Your goal:
Filter these entries, keeping only lines that hold the word "there".

::::::::::

-- ===== src/Malloc/Relink.antt =====
-- remove_from_free_list and add_to_free_list leave the blocks of the heap as they are.
use cmpsc_473_operating_syst.Common.{
  ℕ, ◌+◌, ◌≤◌, ◌<◌, ◌≡◌, refl, ◌∙◌, ◌⊎◌, inl, inr, arith, Bool, List, [], ◌∷◌, ◌++◌,
}
use mathlib.Core.Path.{subst}
use cmpsc_473_operating_syst.Memlib.{MemLib}
use cmpsc_473_operating_syst.Malloc.{
  Mm, load, next_node, prev_node, remove_from_free_list, add_to_free_list,
}
use cmpsc_473_operating_syst.Malloc.FreeList.{
  Linked, Placed, Outside, load-put_ne, add_to_free_list-cons,
}
use cmpsc_473_operating_syst.Malloc.Unlink.{remove_from_free_list-Linked}
use cmpsc_473_operating_syst.Malloc.Blocks.{Row, row_end, vacant, vacancies, vacancies-append}
use cmpsc_473_operating_syst.Malloc.Vacancies.{In, In-append}
use cmpsc_473_operating_syst.Malloc.Closed.{remove-kept, add-kept}
use cmpsc_473_operating_syst.Malloc.Around.{low, Around, Around-link, Linkable}
use cmpsc_473_operating_syst.Malloc.Invariant.{Shape}

-- A word outside the links of the list is read as before.
pub load-remove :
    (s : Mm) (a b : ℕ) (ys zs : List ℕ)
    → Linked s 0 s.free_block_pointer (ys ++ b ∷ zs)
    → Placed (ys ++ b ∷ zs)
    → ((x : ℕ) → In x (ys ++ b ∷ zs) → Outside a x)
    → load (remove_from_free_list b s) a ≡ load s a
load-remove s a b ys zs h placed out =
    remove-kept (ys ++ b ∷ zs) (λ t. load t a ≡ load s a)
      (λ t x v i e. load-put_ne t (next_node x) v a (let o = out x i in ground arith) ∙ e)
      (λ t x v i e. load-put_ne t (prev_node x) v a (let o = out x i in ground arith) ∙ e)
      (λ t x e. e) s b ys zs h placed (λ x i. i) refl

Linked-pointer : (s : Mm) (p : ℕ) (xs : List ℕ) → Linked s 0 p xs → (p ≡ 0) ⊎ In p xs
Linked-pointer s p [] h = inl h
Linked-pointer s p (x ∷ xs) h = inr (inl h.0)

Linked-pointer_cons : (s : Mm) (b p : ℕ) (xs : List ℕ) → Linked s 0 p xs → (p ≡ 0) ⊎ In p (b ∷ xs)
Linked-pointer_cons s b p xs h = elim (Linked-pointer s p xs h) [
  | inl e ↦ inl e
  | inr i ↦ inr (inr i)
]

pub load-add :
    (s : Mm) (a b : ℕ) (xs : List ℕ)
    → Linked s 0 s.free_block_pointer xs
    → ((x : ℕ) → In x (b ∷ xs) → Outside a x)
    → load (add_to_free_list b s) a ≡ load s a
load-add s a b xs h out =
    add-kept (b ∷ xs) (λ t. load t a ≡ load s a)
      (λ t x v i e. load-put_ne t (next_node x) v a (let o = out x i in ground arith) ∙ e)
      (λ t x v i e. load-put_ne t (prev_node x) v a (let o = out x i in ground arith) ∙ e)
      (λ t x e. e) s b (inl refl) (Linked-pointer_cons s b s.free_block_pointer xs h) refl

module _ (lib : MemLib) (ls rs : Row) (hi : ℕ) (order : low lib ls rs hi ≤ hi) (u : Bool) where
  pub Shape-remove :
      (s : Mm) (b : ℕ) (ys zs : List ℕ)
      → Placed (ys ++ b ∷ zs)
      → ((x : ℕ) → In x (ys ++ b ∷ zs) → Linkable lib ls rs hi x)
      → Shape lib ls rs hi (ys ++ b ∷ zs) u s
      → Shape lib ls rs hi (ys ++ zs) u (remove_from_free_list b s)
  Shape-remove s b ys zs placed all (around, h) = (
    remove-kept (ys ++ b ∷ zs) (Around lib ls rs hi u)
        (λ t x v i p. Around-link lib ls rs hi u t x (next_node x) v order (all x i) (inl refl) p)
        (λ t x v i p. Around-link lib ls rs hi u t x (prev_node x) v order (all x i) (inr refl) p)
        (λ t x p. p) s b ys zs h placed (λ x i. i) around,
    remove_from_free_list-Linked s ys b zs h placed,
  )

  pub Shape-add :
      (s : Mm) (b : ℕ) (xs : List ℕ)
      → 0 < b
      → Placed (b ∷ xs)
      → ((x : ℕ) → In x (b ∷ xs) → Linkable lib ls rs hi x)
      → Shape lib ls rs hi xs u s
      → Shape lib ls rs hi (b ∷ xs) u (add_to_free_list b s)
  Shape-add s b xs there placed all (around, h) = (
    add-kept (b ∷ xs) (Around lib ls rs hi u)
        (λ t x v i p. Around-link lib ls rs hi u t x (next_node x) v order (all x i) (inl refl) p)
        (λ t x v i p. Around-link lib ls rs hi u t x (prev_node x) v order (all x i) (inr refl) p)
        (λ t x p. p) s b (inl refl) (Linked-pointer_cons s b s.free_block_pointer xs h) around,
    add_to_free_list-cons s b xs there placed h,
  )

-- The links of the free blocks beside a free one, and its own, may be written.
pub vacancies-Linkable :
    (lib : MemLib) (ls : Row) (k : ℕ) (rs : Row)
    → 32 ≤ k
    → (x : ℕ) → In x (vacancies (lib.heap + 8) (ls ++ vacant k ∷ rs))
    → Linkable lib ls rs (row_end (lib.heap + 8) ls + k) x
vacancies-Linkable lib ls k rs large x i =
    let a = lib.heap + 8 in
    elim (In-append x (vacancies a ls) _ (subst (In x) (vacancies-append a ls (vacant k ∷ rs)) i)) [
      | inl l ↦ inr (inl l)
      | inr (inl e) ↦ inl (omega arith, omega arith)
      | inr (inr m) ↦ inr (inr m)
    ]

::::::::::

Your response:
  Shape-add s b xs there placed all (around, h) = (
    add_to_free_list-cons s b xs there placed h,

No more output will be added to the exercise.